Tuesday, June 28, 2011

June 27th, 2011: Old Friends

Last night as the Rabbi Rosenbloom led us in Ma'areev services after dinner here at the house, we had a most welcome but unexpected guest.

I got a tap on my shoulder from Jamie who pointed into the dining room. And there, almost hiding behind an archway so that he wouldn't be seen so easily, stood Charles Davidson, my old cantor from Adath Jeshurun, and one of the men I truly loved as a young boy for his talent, his heart and his dedication to Judaism and music. Charles had taken an interest in me when I was a boy as I could sing, I could read Hebrew, I could chant from the Torah and, for a while, because I'd considered becoming a cantor or rabbi myself. He was, in some ways, an unofficial mentor although I doubt he ever knew it then.

And when I turned to see him, I smiled broadly and blew him a kiss. I was, truly, overjoyed. I mean I really love this man and I haven't seen him since he retired as a cantor from our synagogue and teacher at the Jewish Theological Seminary well over ten years ago. I was so happy that he'd come to join us davining that I instinctively turned back to my prayerbook and closed my eyes.  I heard his voice,  that deep and wonderful voice, the same one I remember from my youth, and I was, suddenly, transported through time...

There was time I was invited to lead Friday night Shabbat services in the main sanctuary, something rarely, if ever, allowed for a 16-year-old boy; there were the frequent Shaharit services where I was invited to chant from the Torah for morning minyan; the many additional mornings when, as a Torah teacher, I'd assist as one of my own students to chant from the torah; the singing with Jamie in the synagogue youth chorale, where Charles would accompany us on the piano as we sang traditional and modern Jewish songs, some of which he'd composed himself; the high honor of being asked to read The Ten Commandments in the main sanctuary, one of the only times during the year when the entire congregation must rise as you recite the central laws of the Jewish people.

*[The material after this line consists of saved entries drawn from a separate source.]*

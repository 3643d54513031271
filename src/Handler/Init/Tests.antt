-- ===== src/Handler/Init/Tests.antt =====
-- A process that finds the broker's segment, and cannot make its second thread.
use emilib.Prelude.{◌+◌, ◌==◌, ℕ, ◌<◌, ◌≡◌, refl, arith, Bool, true, false, none, some, length}
use emilib.Hlist.Chain.{has}
use emilib.Shmem.{Sizes}
use emilib.Segment.{posix, init_pathname}
use emilib.Segment.Sample.{NameSet, with, names, names-HasNames}
use emilib.Segment.Space.{emilib_name}
use emilib.Ring.Segment.{Distinct}
use emilib.Pool.{thread_busy}
use emilib.Pool.Create.{Parts, emi_thread_create, emi_thread_init, made}
use emilib.Handler.Init.{threads, Receiver, Granted, emi_init, IsAttached, emi_init-Ended}

abbrev sizes : Sizes
sizes = record { spinlock = 4; mutex = 40 }

abbrev parts : Parts
parts = record { cond = true; lock = true; thread = true }

abbrev granted : Granted
granted = record {
  sigaction = true;
  pool_lock = true;
  attempts = λ i. (some (i + 1), record parts { thread = i == 1 });
  joins = λ t. true;
}

-- the broker's segment is there
abbrev before : Receiver NameSet
before = record {
  handles = false;
  shm_id = none;
  recv_mgr = none;
  segment = record { system = with (λ p. false) (init_pathname posix emilib_name); shmem_size = 0 };
  pool = record {
    rings = record { nexts = λ a. 9; prevs = λ a. 9 };
    status = λ a. thread_busy;
    func = λ a. some 4;
  };
}

one-apart :
    (has 0 (made (threads granted)) ≡ false)
    × Distinct (made (threads granted))
    × (length (made (threads granted)) < 3)
unfolding emi_thread_create emi_thread_init
one-apart = (refl, (refl, tt), omega arith)

emi_init-Ended_example :
    (r : Bool × Receiver NameSet) × (emi_init 3 0 names posix sizes 300 granted before ≡ some r)
    × (r.0 ≡ true → IsAttached NameSet sizes 300 0 (made (threads granted)) r.1)
    × (r.0 ≡ false
        → granted.sigaction ≡ true
        → (id : ℕ) → r.1.shm_id ≡ some id
        → r.1.segment.system (init_pathname posix emilib_name) ≡ false)
emi_init-Ended_example =
    emi_init-Ended NameSet 3 0 names sizes 300 granted (λ f p. f p) names-HasNames one-apart.0
      one-apart.1 one-apart.2 (λ e c m. refl) before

And then there was the one year, on some special occasion I can't remember, when I was called to read from the Torah in the main sanctuary. On that morning, I was accidentally pointed to the wrong place in the ancient text to begin my chanting. I couldn't find my way and panicked. As a result, I stumbled through my portion disastrously - a very great embarrassment before the assembled congregants - and left the sanctuary barely able to contain my tears, finally breaking down in the foyer, outside. Before even a minute had passed, I felt a hand on my shoulder. When I turned around, there was Cantor Davidson. He had actually left the services to come out to the foyer to check on me.

"I'm sorry, David," he said. "You were sharing several verses with the reader before you, something we do from time to time, and the Gabbais forgot to reset where your portion was to begin. It wasn't your fault. Don't be upset, it's OK." He hugged me, smiled and walked back into the schul.

When we embraced again — this time for shiva in the living room of my parents' home as Rabbi finished Ma'areev — I looked into his face. He looked older but the same, really. Time is a funny thing sometimes, isn't it? We kissed each other on the cheek.  I told him that I loved him, that I missed him and that it was nice to see him. He spent some time consoling my father. His own wife died of Lewy Body disease, so he was no stranger to Dad's condition.

Old friends are like a healing salve applied to a fresh wound, they ease your pain, lift your spirits and remind you of who you truly are.